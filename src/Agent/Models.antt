-- ===== src/Agent/Models.antt =====
-- enclave/agent/models.py: the data classes of the agent. Token counts and costs are exact: a cost is
-- in millionths of a dollar, where the source divides the same sum by 1,000,000 as a float. Times are
-- in milliseconds, and a `timestamp` is left out, as nothing reads it.
use agentic_ai_tee.Base.{
  ℕ, ◌+◌, ◌*◌, Bool, true, false, Option, List, [], ◌∷◌, Text, join, newline, is_empty, any, Value,
  Fields, if◌then◌else◌,
}

pub record ToolUse : Type 0 where
  pub id : Text
  pub name : Text
  pub input : Fields

pub record ToolResult : Type 0 where
  pub tool_use_id : Text
  pub content : Text
  pub is_error : Bool

pub data ContentBlock : Type 0 where
  text_block : Text → ContentBlock
  -- the thinking and its signature
  thinking_block : Text → Text → ContentBlock
  tool_use_block : ToolUse → ContentBlock
  tool_result_block : ToolResult → ContentBlock

pub data Role : Type 0 where
  user assistant : Role

pub data Content : Type 0 where
  plain : Text → Content
  blocks : List ContentBlock → Content

pub record Message : Type 0 where
  pub role : Role
  pub content : Content

-- the texts of the text blocks that are not empty
unfoldable pub block_texts : List ContentBlock → List Text
block_texts [] = []
block_texts (text_block t ∷ bs) = let rest = block_texts bs in if is_empty t then rest else t ∷ rest
block_texts (_ ∷ bs) = block_texts bs

unfoldable pub message_text : Content → Text
message_text (plain t) = t
message_text (blocks bs) = join newline (block_texts bs)

pub record ToolCall : Type 0 where
  pub name : Text
  pub args : Fields

pub record ToolOutput : Type 0 where
  pub success : Bool
  pub result : Value
  pub error : Option Text
  pub latency_ms : ℕ

pub record LlmResponse : Type 0 where
  pub content : List ContentBlock
  pub input_tokens : ℕ
  pub output_tokens : ℕ
  pub latency_ms : ℕ
  pub stop_reason : Text

-- `LLMResponse.text`
unfoldable pub response_text : LlmResponse → Text
response_text r = join newline (block_texts r.content)

unfoldable pub thinking_texts : List ContentBlock → List Text
thinking_texts [] = []
thinking_texts (thinking_block t s ∷ bs) =
    let rest = thinking_texts bs in if is_empty t then rest else t ∷ rest
thinking_texts (_ ∷ bs) = thinking_texts bs

-- `LLMResponse.thinking_text`
unfoldable pub thinking_text : LlmResponse → Text
thinking_text r = join newline (thinking_texts r.content)

unfoldable pub tool_uses : List ContentBlock → List ToolUse
tool_uses [] = []
tool_uses (tool_use_block u ∷ bs) = u ∷ tool_uses bs
tool_uses (_ ∷ bs) = tool_uses bs

-- `LLMResponse.tool_use_blocks`
unfoldable pub tool_use_blocks : LlmResponse → List ToolUse
tool_use_blocks r = tool_uses r.content

abbrev pub is_tool_use : ContentBlock → Bool
is_tool_use (tool_use_block u) = true
is_tool_use _ = false

unfoldable pub has_tool_use : LlmResponse → Bool
has_tool_use r = any is_tool_use r.content

-- `(input_tokens * 3 + output_tokens * 15) / 1_000_000` dollars
abbrev pub micro_usd : ℕ → ℕ → ℕ
micro_usd input_tokens output_tokens = input_tokens * 3 + output_tokens * 15

-- `LLMResponse.cost_usd`
abbrev pub response_cost : LlmResponse → ℕ
response_cost r = micro_usd r.input_tokens r.output_tokens

pub record StepResult : Type 0 where
  pub step_number : ℕ
  pub tool_name : Option Text
  pub tool_args : Fields
  pub output : Option ToolOutput
  pub llm_response : Text
  pub input_tokens : ℕ
  pub output_tokens : ℕ
  pub latency_ms : ℕ

-- `StepResult.cost_usd`
abbrev pub step_cost : StepResult → ℕ
step_cost s = micro_usd s.input_tokens s.output_tokens

pub record TaskRequest : Type 0 where
  pub description : Text
  pub task_id : Text
  pub user_id : Text
  pub budget_usd : ℕ
  pub max_steps : ℕ
  pub timeout_ms : ℕ
  pub tool_allowlist : Option (List Text)
  pub domain_allowlist : Option (List Text)

pub record TaskResult : Type 0 where
  pub task_id : Text
  pub success : Bool
  pub summary : Text
  pub steps : List StepResult
  pub total_cost_usd : ℕ
  pub attestation_hash : Text
  pub error : Option Text

-- The `event_type` of a StepEvent with its `data`.
pub data EventData : Type 0 where
  thinking : EventData
  thinking_content : Text → EventData
  chunk : Text → EventData
  -- the tool, its argument keys, and the preview of its arguments
  tool_call : Text → List Text → List (Text × Text) → EventData
  tool_result : Text → Bool → ℕ → EventData
  -- a progress report, after so many tool calls at such a cost
  checkpoint : ℕ → ℕ → EventData
  -- the history was compacted: its tokens and the context window
  compacted : ℕ → ℕ → EventData
  permission_request : Text → List (Text × Text) → EventData
  complete : Text → EventData
  error : Text → EventData

pub record StepEvent : Type 0 where
  pub task_id : Text
  pub step_number : ℕ
  pub event : EventData

-- A Python exception: its class name, its message, and whether it is an `asyncio.TimeoutError`.
pub record Exn : Type 0 where
  pub type_name : Text
  pub message : Text
  pub is_timeout : Bool

-- What ends a coroutine early: an exception, or the cancellation by a timeout around it.
pub data Stop : Type 0 where
  raised : Exn → Stop
  cancelled : Stop
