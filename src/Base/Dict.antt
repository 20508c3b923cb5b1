-- ===== src/Base/Dict.antt =====
-- A Python `dict` with string keys, in insertion order.
use mathlib.Core.Path.{◌≡◌, refl}
use mathlib.Core.Bool.{Bool, false}
use mathlib.Core.Option.{Option, none, some}
use mathlib.Core.List.{List, [], ◌∷◌, ◌++◌, map}
use native.Mathlib.Omega.{arith}
use agentic_ai_tee.Base.Tests.{if◌then◌else◌, is_some}
use agentic_ai_tee.Base.Texts.{Text, text_eq, text_eq_iff}

abbrev pub Dict {ℓ} : Type ℓ → Type ℓ
Dict V = List (Text × V)

module _ {ℓ} {V : Type ℓ} where
  -- `d.get(k)`
  unfoldable pub get : Dict V → Text → Option V
  get [] k = none
  get ((j, v) ∷ d) k = if text_eq j k then some v else get d k

  -- `d[k] = v`: a key that is there keeps its place.
  unfoldable pub put : Dict V → Text → V → Dict V
  put [] k v = (k, v) ∷ []
  put ((j, w) ∷ d) k v = if text_eq j k then (j, v) ∷ d else (j, w) ∷ put d k v

  -- `k in d`
  abbrev pub contains : Dict V → Text → Bool
  contains d k = is_some (get d k)

  abbrev pub keys : Dict V → List Text
  keys = map (λ e. e.0)

  abbrev pub values : Dict V → List V
  values = map (λ e. e.1)

  pub get-put :
      (d : Dict V) (k j : Text) (v : V)
      → get (put d k v) j ≡ (if text_eq k j then some v else get d j)
  unfolding get put
  get-put [] k j v = refl
  get-put ((i, w) ∷ d) k j v =
      ground (arith, text_eq_iff k j, text_eq_iff i k, text_eq_iff i j, get-put d k j v)

  -- Every key once.
  abbrev pub NodupKeys : Dict V → Type 0
  NodupKeys [] = Unit
  NodupKeys ((k, v) ∷ d) = (contains d k ≡ false) × NodupKeys d

  pub put-NodupKeys : (d : Dict V) (k : Text) (v : V) → NodupKeys d → NodupKeys (put d k v)
  unfolding put get
  put-NodupKeys [] k v h = (refl, tt)
  put-NodupKeys ((j, w) ∷ d) k v h =
      ground (arith, put-NodupKeys d k v h.1, get-put d k j v, text_eq_iff j k, text_eq_iff k j)

  -- A new key goes to the end.
  pub put_new : (d : Dict V) (k : Text) (v : V) → get d k ≡ none → put d k v ≡ d ++ ((k, v) ∷ [])
  unfolding put get
  put_new [] k v h = refl
  put_new ((j, w) ∷ d) k v h = ground (arith, put_new d k v)
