-- ===== src/Agent/Controller/Turn/Laws.antt =====
-- What a turn may cost, and that it reports what its steps cost.
use agentic_ai_tee.Base.{
  ℕ, zero, suc, ◌+◌, ◌≤◌, ◌<◌, ◌≡◌, refl, sym, ap, ◌∙◌, ◌⊎◌, inl, inr, true, false, Bool-cases,
  Option, none, some, List, ◌++◌, leb, leb→lt, length, if◌then◌else◌, Text, arith,
}
use agentic_ai_tee.Base.Result.{Result, ok, err}
use agentic_ai_tee.Base.Coroutine.{return, ◌>>◌}
use agentic_ai_tee.Agent.Models.{
  Message, assistant, blocks, thinking, ToolUse, ToolOutput, LlmResponse, StepEvent, Stop, raised,
  cancelled, has_tool_use, tool_use_blocks, response_cost,
}
use agentic_ai_tee.Tools.Router.{Format}
use agentic_ai_tee.Agent.Controller.State.{LlmRequest, Controller, total_cost}
use agentic_ai_tee.Agent.Controller.Loop.Invariant.{Ends, Ends-bind}
use agentic_ai_tee.Agent.Controller.Loop.View.{tool_steps}
use agentic_ai_tee.Agent.Controller.Loop.Rule.{length-All₂}
use agentic_ai_tee.Agent.Controller.Loop.Budget.{answered_cost, finished_cost}
use agentic_ai_tee.Agent.Controller.Permission.{Callback, gather_calls}
use agentic_ai_tee.Agent.Controller.Permission.Laws.{gather_calls-Answered}
use agentic_ai_tee.Agent.Controller.Turn.{
  Chat, guard_context, plan_reply, complete_turn, note_tool_calls, run_calls, record_results,
  use_tools, take_turn_step, turn_step, turn_guard, turn_loop, go_on, finish_turn, begin_turn,
  run_conversation_turn, policy, append,
}
use agentic_ai_tee.Agent.Controller.Turn.Steps.{
  steps-note, steps-note_chunks, steps-note_tool_calls, steps-note_checkpoint, steps-guard_context,
  steps-record_results,
}

module _ (F : Format) {L W : Type 0} (C : Controller L W) (callback : Option (Callback W))
    (system_prompt : Text) (task_id : Text) where
  module _ (max_cost dearest : ℕ)
      (bounded : (q : LlmRequest) (l : L) (response : LlmResponse)
        → (C.llm q l).0 ≡ ok response
        → response_cost response ≤ dearest) where
    abbrev Below : Chat L W → Type 0
    Below c = total_cost c.steps ≤ max_cost + dearest

    abbrev Reports : Text × ℕ → Chat L W → Type 0
    Reports reply c = (reply.1 ≤ max_cost + dearest) × (reply.1 ≡ total_cost c.steps)

    abbrev Passed : Option (Text × ℕ) → Chat L W → Type 0
    Passed none c = Below c
    Passed (some reply) c = Reports reply c

    plan_reply-Ends :
        (n : ℕ) (c : Chat L W)
        → total_cost c.steps < max_cost
        → Ends
            (λ response t. (total_cost t.steps < max_cost) × (response_cost response ≤ dearest))
            (λ s t. Below t)
            (plan_reply F C callback system_prompt task_id n c)
    unfolding plan_reply
    plan_reply-Ends n c left =
        ended _ _ (steps-note_chunks F C callback system_prompt task_id n _ _)
          (λ a e. bounded _ c.llm_state a e)
      where
        ended :
            (res : Result Stop LlmResponse) (t : Chat L W)
            → t.steps ≡ c.steps
            → ((a : LlmResponse) → res ≡ ok a → response_cost a ≤ dearest)
            → Ends
                (λ response t. (total_cost t.steps < max_cost) × (response_cost response ≤ dearest))
                (λ s t. Below t)
                (res, t)
        ended (ok a) t same cheap = (omega (arith, left, ap total_cost same), cheap a refl)
        ended (err s) t same cheap = omega (arith, left, ap total_cost same)

    run_calls-Ends :
        (n : ℕ) (bs : List ToolUse) (c : Chat L W)
        → Below c
        → Ends
            (λ os t. (length os ≡ length bs) × (t.steps ≡ c.steps))
            (λ s t. Below t)
            (run_calls F C callback system_prompt task_id n bs c)
    unfolding run_calls
    run_calls-Ends n bs c below = ended _ _ refl
      where
        ended :
            (res : Result Stop (List ToolOutput)) (scene : List StepEvent × W)
            → gather_calls F C.executor
                (policy F C callback system_prompt task_id)
                task_id
                n
                (C.schedule n)
                bs
                (c.events, c.world)
              ≡ (res, scene)
            → Ends
                (λ os t. (length os ≡ length bs) × (t.steps ≡ c.steps))
                (λ s t. Below t)
                (res, record c { events = scene.0; world = scene.1 })
        ended (ok os) scene e = (
          length-All₂ _ bs os (
              gather_calls-Answered F C.executor (policy F C callback system_prompt task_id) task_id
                n (C.schedule n) bs os (c.events, c.world) scene e),
          refl,
        )
        ended (err s) scene e = below

    use_tools-Ends :
        (n : ℕ) (response : LlmResponse) (c : Chat L W)
        → total_cost c.steps < max_cost
        → response_cost response ≤ dearest
        → has_tool_use response ≡ true
        → Ends
            (λ u t. Below t)
            (λ s t. Below t)
            (use_tools F C callback system_prompt task_id n response c)
    unfolding use_tools
    use_tools-Ends n response c left cheap uses =
        Ends-bind (λ os t. (length os ≡ length (tool_use_blocks response)) × (t.steps ≡ c.steps)) _
          (λ s t. Below t)
          (run_calls F C callback system_prompt task_id n (tool_use_blocks response)) _ _
          (run_called _ (
            run_calls-Ends n (tool_use_blocks response) _
              (omega (arith, left, ap total_cost called))))
          (λ os t ran. omega (
            arith,
            left,
            cheap,
            ap total_cost (
                steps-note_checkpoint F C callback system_prompt task_id n (
                  record_results F C callback system_prompt task_id n response true
                    (tool_use_blocks response) os t)
                ∙ (steps-record_results F C callback system_prompt task_id n response true
                      (tool_use_blocks response) os t
                    ∙ ap (λ s. s ++ tool_steps n response true (tool_use_blocks response) os)
                        ran.1)),
            answered_cost n response c.steps os uses ran.0,
          ))
      where
        called :
            (note_tool_calls F C callback system_prompt task_id n (tool_use_blocks response) (
              append F C callback system_prompt task_id
                (record { role = assistant; content = blocks response.content })
                c)).steps
            ≡ c.steps
        called =
            steps-note_tool_calls F C callback system_prompt task_id n (tool_use_blocks response) _

        run_called :
            (p : Result Stop (List ToolOutput) × Chat L W)
            → Ends
                (λ os t.
                  (length os ≡ length (tool_use_blocks response))
                  × (t.steps
                      ≡ (note_tool_calls F C callback system_prompt task_id n
                          (tool_use_blocks response)
                          (append F C callback system_prompt task_id
                            (record { role = assistant; content = blocks response.content })
                            c)).steps))
                (λ s t. Below t)
                p
            → Ends
                (λ os t. (length os ≡ length (tool_use_blocks response)) × (t.steps ≡ c.steps))
                (λ s t. Below t)
                p
        run_called (ok os, t) h = (h.0, h.1 ∙ called)
        run_called (err s, t) h = h

    complete_turn-Ends :
        (n : ℕ) (response : LlmResponse) (c : Chat L W)
        → total_cost c.steps < max_cost
        → response_cost response ≤ dearest
        → Ends Passed
            (λ s t. Below t)
            (complete_turn F C callback system_prompt task_id n response c)
    unfolding complete_turn
    complete_turn-Ends n response c left cheap = (
      omega (arith, left, cheap, finished_cost n response c.steps),
      sym (ap total_cost (steps-note F C callback system_prompt task_id n _ _)),
    )

    take_turn_step-Ends :
        (n : ℕ) (c : Chat L W)
        → total_cost c.steps < max_cost
        → Ends Passed (λ s t. Below t) (take_turn_step F C callback system_prompt task_id n c)
    unfolding take_turn_step
    take_turn_step-Ends n c left =
        Ends-bind
          (λ response t. (total_cost t.steps < max_cost) × (response_cost response ≤ dearest))
          Passed (λ s t. Below t) (plan_reply F C callback system_prompt task_id n) _ _
          (plan_reply-Ends n _ (
            omega (
              arith,
              left,
              ap total_cost (
                  steps-note F C callback system_prompt task_id n thinking
                    (guard_context F C callback system_prompt task_id n c)
                  ∙ steps-guard_context F C callback system_prompt task_id n c),
            )))
          (λ response t k. choose response t k (Bool-cases (has_tool_use response)))
      where
        choose :
            (response : LlmResponse) (t : Chat L W)
            → (total_cost t.steps < max_cost) × (response_cost response ≤ dearest)
            → (has_tool_use response ≡ true) ⊎ (has_tool_use response ≡ false)
            → Ends Passed
                (λ s t. Below t)
                ((if has_tool_use response
                    then (use_tools F C callback system_prompt task_id n response >> return none)
                    else complete_turn F C callback system_prompt task_id n response)
                  t)
        choose response t k (inl uses) = rw uses (
            Ends-bind (λ u t. Below t) Passed (λ s t. Below t)
              (use_tools F C callback system_prompt task_id n response) _ t
              (use_tools-Ends n response t k.0 k.1 uses) (λ u t' h. h))
        choose response t k (inr last) = rw last (complete_turn-Ends n response t k.0 k.1)

    turn_step-Ends :
        (n : ℕ) (c : Chat L W)
        → Below c
        → Ends Passed (λ s t. Below t) (turn_step F C callback system_prompt task_id max_cost n c)
    unfolding turn_step
    turn_step-Ends n c below = elim (Bool-cases (leb max_cost (total_cost c.steps))) [
      | inl spent ↦
          rw spent
            (below, sym (ap total_cost (steps-note F C callback system_prompt task_id n _ c)))
      | inr left ↦ rw left (take_turn_step-Ends n c (leb→lt _ _ left))
    ]

    turn_loop-Ends :
        (max_steps left n : ℕ) (c : Chat L W)
        → Below c
        → Ends Reports
            (λ s t. Below t)
            (turn_loop F C callback system_prompt task_id max_steps max_cost left n c)
    unfolding turn_loop turn_guard
    turn_loop-Ends max_steps zero n c below =
        (below, sym (ap total_cost (steps-note F C callback system_prompt task_id max_steps _ c)))
    turn_loop-Ends max_steps (suc left) n c below =
        Ends-bind Passed Reports (λ s t. Below t)
          (turn_step F C callback system_prompt task_id max_cost n) _ c (turn_step-Ends n c below)
          (onward (λ t below'. turn_loop-Ends max_steps left (n + 1) t below'))
      where
        onward :
            ((t : Chat L W)
              → Below t
              → Ends Reports
                  (λ s t. Below t)
                  (turn_loop F C callback system_prompt task_id max_steps max_cost left (n + 1) t))
            → (outcome : Option (Text × ℕ)) (t : Chat L W) → Passed outcome t
            → Ends Reports
                (λ s t. Below t)
                (go_on F C callback system_prompt task_id outcome
                  (turn_loop F C callback system_prompt task_id max_steps max_cost left (n + 1))
                  t)
        onward rest none t below' = rest t below'
        onward rest (some reply) t reports = reports

    finish_turn-Reports :
        (timeout : ℕ) (res : Result Stop (Text × ℕ)) (c : Chat L W)
        → Ends Reports (λ s t. Below t) (res, c)
        → let (reply, c') = finish_turn F C callback system_prompt task_id timeout res c in
          Reports reply c'
    unfolding finish_turn
    finish_turn-Reports timeout (ok reply) c h = h
    finish_turn-Reports timeout (err cancelled) c h =
        (h, sym (ap total_cost (steps-note F C callback system_prompt task_id _ _ c)))
    finish_turn-Reports timeout (err (raised exc)) c h =
        (h, sym (ap total_cost (steps-note F C callback system_prompt task_id _ _ c)))

    -- If no response costs more than `dearest`, then the cost that a turn of a conversation reports is
    -- at most its budget plus `dearest`, however the turn ends, and it is the sum over the turn's steps.
    pub run_conversation_turn_cost :
        (max_steps timeout : ℕ) (user_message : Text) (history : List Message)
        (events : List StepEvent) (l : L) (w : W)
        → let (reply, c) =
            run_conversation_turn F C callback system_prompt task_id max_steps max_cost timeout
              user_message history events l w in
          (reply.1 ≤ max_cost + dearest) × (reply.1 ≡ total_cost c.steps)
    unfolding run_conversation_turn
    run_conversation_turn_cost max_steps timeout user_message history events l w =
        finish_turn-Reports timeout _ _ (
          turn_loop-Ends max_steps max_steps 1
            (begin_turn F C callback system_prompt task_id user_message history events l w)
            (omega arith))
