-- ===== src/Agent/Controller/Turn/Tests.antt =====
-- A turn of a conversation, and a tool use that is refused.
use agentic_ai_tee.Base.{ℕ, ◌+◌, ◌≤◌, ◌≡◌, true, false, none, some, [], codes, end}
use agentic_ai_tee.Base.Coroutine.{return}
use agentic_ai_tee.Base.Dict
use agentic_ai_tee.Agent.Models.{ToolUse}
use agentic_ai_tee.Tools.Tests.{plain_format}
use agentic_ai_tee.Agent.Controller.State.{total_cost}
use agentic_ai_tee.Agent.Controller.Tests.{controller, fresh, client_bounded}
use agentic_ai_tee.Agent.Controller.Permission.{Policy}
use agentic_ai_tee.Agent.Controller.Turn.{run_conversation_turn}
use agentic_ai_tee.Agent.Controller.Turn.Laws.{run_conversation_turn_cost}

run_conversation_turn_cost_example :
    let (reply, c) =
      run_conversation_turn plain_format controller none
        (codes "Be brief.")
        (codes "t")
        5
        700
        300_000
        (codes "Echo.")
        []
        []
        fresh
        0 in
    (reply.1 ≤ 700 + 600) × (reply.1 ≡ total_cost c.steps)
run_conversation_turn_cost_example =
    run_conversation_turn_cost plain_format controller none (codes "Be brief.") (codes "t") 700 600
      client_bounded 5 300_000 (codes "Echo.") [] [] fresh 0

-- A policy that refuses every dangerous tool.
abbrev refusing : Policy ℕ
refusing = record {
  require_permission = true;
  callback = some (λ name args. return false);
  streaming = true;
}

abbrev use_echo : ToolUse
use_echo = record { id = codes "1"; name = codes "echo"; input = end }

abbrev use_bash : ToolUse
use_bash = record { id = codes "2"; name = codes "bash"; input = end }
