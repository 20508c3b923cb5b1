-- ===== src/Agent/LlmClient.antt =====
-- enclave/agent/llm_client.py: the clients of the language models.
pub mod Convert
pub mod Chat
pub mod OpenRouter
pub mod Anthropic
pub mod Mock
pub mod Providers
pub mod Tests
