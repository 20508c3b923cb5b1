-- ===== src/Base/Optional.antt =====
-- A computation that may have no result, for `do` blocks.
use mathlib.Core.Path.{◌≡◌, refl}
use mathlib.Core.Option.{Option, none, some}

module _ {ℓ} where
  infixl 5 ◌>>=◌ ◌>>◌
  abbrev pub ◌>>=◌ {κ} : {A : Type ℓ} {B : Type κ} → Option A → (A → Option B) → Option B
  none >>= f = none
  some a >>= f = f a

  abbrev pub ◌>>◌ {κ} : {A : Type ℓ} {B : Type κ} → Option A → Option B → Option B
  m >> k = m >>= λ _. k

  -- What a sequence with a result did.
  pub >>=-eq-some {κ} :
      {A : Type ℓ} {B : Type κ} (m : Option A) (f : A → Option B) (b : B)
      → (m >>= f) ≡ some b
      → (a : A) × (m ≡ some a) × (f a ≡ some b)
  >>=-eq-some none f b h = absurd (cc)
  >>=-eq-some (some a) f b h = (a, refl, h)

-- What holds of the result, if there is one.
pub data Every {ℓ μ} {A : Type ℓ} (P : A → Type μ) : Option A → Type (ℓ ⊔ μ) where
  absent : Every P none
  holds : {a : A} → P a → Every P (some a)

pub >>=-Every {ℓ μ} :
    {A B : Type ℓ} (P : B → Type μ) (m : Option A) (f : A → Option B)
    → ((a : A) → Every P (f a))
    → Every P (m >>= f)
>>=-Every P none f h = absent
>>=-Every P (some a) f h = h a

-- As above, with what holds of the first result.
pub >>=-Every-with {ℓ μ} :
    {A B : Type ℓ} (P : A → Type μ) (Q : B → Type μ) (m : Option A) (f : A → Option B)
    → Every P m
    → ((a : A) → P a → Every Q (f a))
    → Every Q (m >>= f)
>>=-Every-with P Q m f absent h = absent
>>=-Every-with P Q m f (holds {a} p) h = h a p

== == ==

Problem to work on
Copy each line of the entries in which the string "raised" is found.

Solution to this exercise
  raised : Exn → Stop
  Message, assistant, blocks, thinking, ToolUse, ToolOutput, LlmResponse, StepEvent, Stop, raised,
    finish_turn-Reports timeout (err (raised exc)) c h =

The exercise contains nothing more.